Hong Kong freezes $42 mln in Megaupload raids
Hong Kong Customs officers have raided offices, domestic premises and luxury hotel suites as part of a worldwide FBI Internet piracy investigation into file-sharing site Megaupload.com.
One hundred officers took part in the raids Friday which seized a large amount of digital evidence and uncovered about HK$330 million ($42 million) in suspected crime proceeds, Customs said.
"The assets have been frozen in accordance with related ordinances. The operation is ongoing," it said in a statement.
Officers raided hotel suites costing HK$100,000 a day equipped with high-speed servers and large television screens which were suspected to be connected to the case.
Megaupload's website was shut down Thursday by US authorities who accuse it of one of the largest cases of copyright theft ever.
Megaupload founder Kim Dotcom, also known as Kim Schmitz, is being held in New Zealand following a police raid there.
The 37-year-old German citizen, who has New Zealand and Hong Kong residency, was denied bail with three other men on Friday when they appeared in an Auckland district court.
New Zealand police seized luxury cars worth NZ$6.0 million ($4.8 million), including a 1959 pink Cadillac and a Rolls Royce Phantom, in a raid on Dotcom's Auckland mansion.
The US Justice Department and FBI have indicted a total of seven people who they said were "responsible for massive worldwide online piracy of numerous types of copyrighted works, through Megaupload.com and other related sites".
The accused generated more than $175 million in criminal proceeds and caused more than $500 million in harm to copyright owners by offering pirated copies of movies, TV programmes and other content, according to a statement.
The Hong Kong Customs said it had been conducting a joint investigation with the FBI targeting the criminal activities of the syndicate since the end of 2010.
Megaupload itself is registered as a private company in Hong Kong, with an office in Wanchai district.
The dramatic raids came amid a fierce debate in the United States over a proposed bill before Congress aimed at cracking down on online piracy.

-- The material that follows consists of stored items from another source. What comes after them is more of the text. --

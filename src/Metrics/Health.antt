-- ===== src/Metrics/Health.antt =====
-- internal/metrics/health.go and services.go
use scuffinger.Prelude.{
  string_eq, ℕ, ◌+◌, String, Bool, Option, none, some, [], ◌∷◌, Eq, ◌≡◌, arith, if◌then◌else◌,
}
use scuffinger.Prelude.Map.{Map, lookup, insert}

-- the four health metrics of the process
pub record HealthMetrics : Type 0 where
  pub status : ℕ
  pub service_status : Map String ℕ
  pub checks : Map String ℕ
  pub failures : Map String ℕ

value_or_zero : Option ℕ → ℕ
value_or_zero none = 0
value_or_zero (some n) = n

-- `WithLabelValues(label).Inc()`: a series that is not there begins at 0
unfoldable pub inc {ℓ} : {K : Type ℓ} ⦃e : Eq K⦄ → K → Map K ℕ → Map K ℕ
unfolding value_or_zero
inc label m = insert label (value_or_zero (lookup label m) + 1) m

-- the sum of all series of a counter
abbrev pub total {ℓ} : {K : Type ℓ} → Map K ℕ → ℕ
total [] = 0
total ((k, n) ∷ m) = n + total m

-- An increment counts once, whichever series it is of.
pub total-inc {ℓ} :
    {K : Type ℓ} ⦃e : Eq K⦄ (label : K) (m : Map K ℕ) → total (inc label m) ≡ total m + 1
unfolding inc insert lookup
total-inc label [] = omega arith
total-inc label ((k, n) ∷ m) = ground (arith, total-inc label m)

-- 1 for healthy, 0 for not
abbrev pub gauge : Bool → ℕ
gauge healthy = if healthy then 1 else 0

unfoldable pub set_overall_health : Bool → HealthMetrics → HealthMetrics
set_overall_health healthy m = record m { status = gauge healthy }

unfoldable pub set_service_health : String → Bool → HealthMetrics → HealthMetrics
set_service_health name healthy m = record m {
  service_status = insert name (gauge healthy) m.service_status;
}

unfoldable pub inc_health_check : String → HealthMetrics → HealthMetrics
inc_health_check name m = record m { checks = inc name m.checks }

unfoldable pub inc_health_check_failure : String → HealthMetrics → HealthMetrics
inc_health_check_failure name m = record m { failures = inc name m.failures }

Critics say the new law would hand US authorities unprecedented powers that could impinge on the freedom of the Internet, and on Wednesday dozens of websites led by Wikipedia went dark in a rare protest.

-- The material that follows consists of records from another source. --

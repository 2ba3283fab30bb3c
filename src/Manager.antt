-- ===== src/Manager.antt =====
-- internal/services/service.go: the services and their `Manager`. `W` is the world that the
-- services act on; `clock` reads `time.Now()` there. A `context.Context` is part of the world, and
-- log lines are not modelled.
use scuffinger.Prelude.{
  ℕ, ◌+◌, String, ℕ_eq, Bool, true, false, not, ◌&&◌, Option, none, some, List, [], ◌∷◌, ◌++◌, map,
  ◌==◌, string_eq, ◌+++◌, join, all, if◌then◌else◌,
}
use scuffinger.Prelude.Map.{Map, insert, all_values}
use scuffinger.I18n
use scuffinger.I18n.{Key, Error, Messages}
pub mod WellFormed
pub mod Reach
pub mod Shutdown
pub mod Startup
pub mod Health
pub mod Kept
use scuffinger.Metrics.Health.{
  HealthMetrics, set_overall_health, set_service_health, inc_health_check, inc_health_check_failure,
}

-- A call on the world that may return an error.
abbrev pub Call : Type 0 → Type 0
Call W = W → Option Error × W

-- the interface `Service`
pub record Service (W : Type 0) : Type 0 where
  pub name : String
  pub connect : Call W
  pub self_test : Call W
  pub ping : Call W
  pub close : Call W

pub record ServiceStatus : Type 0 where
  pub healthy : Bool
  pub last_check : ℕ
  pub error : String

-- `cancel` names the context that `CloseAll` cancels; `loops` are the contexts of the health-check
-- loops that were begun, and `cancelled` those that are cancelled, which is a signal: a loop may go
-- on with the check that it is at, and take a tick that is due before it.
pub record Manager (W : Type 0) : Type 0 where
  pub services : List (Service W)
  pub statuses : Map String ServiceStatus
  pub cancel : Option ℕ
  pub loops : List ℕ
  pub cancelled : List ℕ
  pub started : ℕ

-- &ServiceStatus{}
abbrev pub unchecked : ServiceStatus
unchecked = record { healthy = false; last_check = 0; error = "" }

module _ {W : Type 0} where
  -- the loop of `NewManager`
  unfoldable pub register : List (Service W) → Map String ServiceStatus → Map String ServiceStatus
  register [] statuses = statuses
  register (svc ∷ svcs) statuses = register svcs (insert svc.name unchecked statuses)

  unfoldable pub new_manager : List (Service W) → Manager W
  new_manager svcs = record {
    services = svcs;
    statuses = register svcs [];
    cancel = none;
    loops = [];
    cancelled = [];
    started = 0;
  }

  unfoldable pub add_service : Manager W → Service W → Manager W
  add_service m svc = record m {
    services = m.services ++ svc ∷ [];
    statuses = insert svc.name unchecked m.statuses;
  }

-- fmt.Errorf("%s [%s]: %w", i18n.Get(key), name, err)
pub service_error : Messages → Key → String → Error → Error
service_error active key name e = I18n.get active key +++ (" [" +++ (name +++ ("]: " +++ e)))

-- The status that a call leaves for its service.
pub mark : ℕ → Option Error → ServiceStatus
mark now none = record { healthy = true; last_check = now; error = "" }
mark now (some e) = record { healthy = false; last_check = now; error = e }

-- What a check reads and writes beside the list of services.
pub record Checked (W : Type 0) : Type 0 where
  pub statuses : Map String ServiceStatus
  pub health : HealthMetrics
  pub world : W

module _ {W : Type 0} (active : Messages) where
  -- one round of `ConnectAll` after the call of `Connect`; `rest` is the rest of the loop
  connect_next : String → (W → Option Error × W) → Option Error × W → Option Error × W
  connect_next name rest (none, w) = rest w
  connect_next name rest (some e, w) =
      (some (service_error active I18n.err_manager_connect name e), w)

  unfoldable pub connect_all : List (Service W) → Call W
  unfolding connect_next
  connect_all [] w = (none, w)
  connect_all (svc ∷ svcs) w = connect_next svc.name (connect_all svcs) (svc.connect w)

module _ {W : Type 0} (active : Messages) (clock : W → ℕ) where
  -- one round of `RunSelfTests` after the call of `SelfTest`
  self_test_next :
      String
      → (Map String ServiceStatus → W → Option Error × Map String ServiceStatus × W)
      → Map String ServiceStatus
      → Option Error × W
      → Option Error × Map String ServiceStatus × W
  self_test_next name rest statuses (none, w) = rest (insert name (mark (clock w) none) statuses) w
  self_test_next name rest statuses (some e, w) = (
    some (service_error active I18n.err_manager_self_test name e),
    insert name (mark (clock w) (some e)) statuses,
    w,
  )

  unfoldable pub run_self_tests :
      List (Service W) → Map String ServiceStatus → W → Option Error × Map String ServiceStatus × W
  unfolding self_test_next mark
  run_self_tests [] statuses w = (none, statuses, w)
  run_self_tests (svc ∷ svcs) statuses w =
      self_test_next svc.name (run_self_tests svcs) statuses (svc.self_test w)

module _ {W : Type 0} (clock : W → ℕ) where
  -- the metrics of one ping
  unfoldable pub note_ping : String → Option Error → HealthMetrics → HealthMetrics
  unfolding set_service_health inc_health_check inc_health_check_failure
  note_ping name none h = set_service_health name true (inc_health_check name h)
  note_ping name (some e) h =
      set_service_health name false (inc_health_check_failure name (inc_health_check name h))

  unfoldable pub check_service : Service W → Checked W → Checked W
  unfolding mark note_ping
  check_service svc s =
      let (r, w) = svc.ping s.world in
      record {
        statuses = insert svc.name (mark (clock w) r) s.statuses;
        health = note_ping svc.name r s.health;
        world = w;
      }

  unfoldable pub check_loop : List (Service W) → Checked W → Checked W
  check_loop [] s = s
  check_loop (svc ∷ svcs) s = check_loop svcs (check_service svc s)

-- `IsHealthy`: at least one status, and every one healthy
unfoldable pub is_healthy : Map String ServiceStatus → Bool
is_healthy [] = false
is_healthy ((k, st) ∷ m) = all_values ServiceStatus.healthy ((k, st) ∷ m)

module _ {W : Type 0} (clock : W → ℕ) where
  -- `CheckHealth`: every service is pinged, then the overall gauge is set from `IsHealthy`
  unfoldable pub check_health : List (Service W) → Checked W → Checked W
  unfolding set_overall_health
  check_health svcs s =
      let t = check_loop clock svcs s in
      record t { health = set_overall_health (is_healthy t.statuses) t.health }

-- `Statuses`
unfoldable pub snapshot : Map String ServiceStatus → Map String Bool
snapshot [] = []
snapshot ((name, st) ∷ m) = (name, st.healthy) ∷ snapshot m

module _ {W : Type 0} where
  -- `StartHealthChecks`: a new loop, whose cancel function replaces the old one
  unfoldable pub start_health_checks : Manager W → Manager W
  start_health_checks m = record m {
    cancel = some m.started;
    loops = m.started ∷ m.loops;
    started = m.started + 1;
  }

  stop : Option ℕ → Manager W → Manager W
  stop none m = m
  stop (some i) m = record m { cancelled = i ∷ m.cancelled }

  -- `ServiceByName`
  unfoldable pub service_by_name : String → List (Service W) → Option (Service W)
  service_by_name name [] = none
  service_by_name name (svc ∷ svcs) =
      if svc.name == name then some svc else service_by_name name svcs

pub shutdown_error : Messages → List Error → Option Error
shutdown_error active [] = none
shutdown_error active (e ∷ es) =
    some (I18n.get active I18n.err_manager_shutdown +++ (": [" +++ (join " " (e ∷ es) +++ "]")))

module _ {W : Type 0} (active : Messages) where
  close_next : String → Option Error → List Error × W → List Error × W
  close_next name none r = r
  close_next name (some e) (es, w) = (service_error active I18n.err_manager_close name e ∷ es, w)

  -- the loop of `CloseAll`: no error stops it
  unfoldable pub close_services : List (Service W) → W → List Error × W
  unfolding close_next
  close_services [] w = ([], w)
  close_services (svc ∷ svcs) w =
      let (r, w') = svc.close w in close_next svc.name r (close_services svcs w')

  unfoldable pub close_all : Manager W → W → Option Error × Manager W × W
  unfolding close_services stop shutdown_error
  close_all m w =
      let (es, w') = close_services m.services w in (shutdown_error active es, stop m.cancel m, w')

In face of the criticism, US Senator Majority Leader Harry Reid Friday agreed to delay next week's vote on the bill to allow more time for talks.
"We made good progress through the discussions we've held in recent days, and I am optimistic that we can reach a compromise in the coming weeks," he said.
The European Union's top Internet official Neelie Kroes also criticised the planned US legislation, writing on Twitter that: "Internet regulation must be effective, proportionate & preserve benefits of open net."
"Speeding is illegal too: but you don't put speed bumps on the motorway," she added.
The prosecution of Megaupload meanwhile sparked a retaliatory cyber attack on the FBI and Justice Department websites.
The two government sites were up and running again early Friday after being shut down for several hours in the attack claimed by the "Anonymous" hacktivist group, which also briefly disabled music and recording industry websites.
Megaupload is popular with Hollywood celebrities and has been endorsed by music stars such as Kanye West.
Megaupload Ltd. and another company, Vestor Ltd., were indicted by a US grand jury and charged with racketeering conspiracy, copyright infringement and conspiring to commit money laundering.
Vestor's sole shareholder is Kim Dotcom. His six fellow accused come from Estonia, Germany, the Netherlands and Slovakia.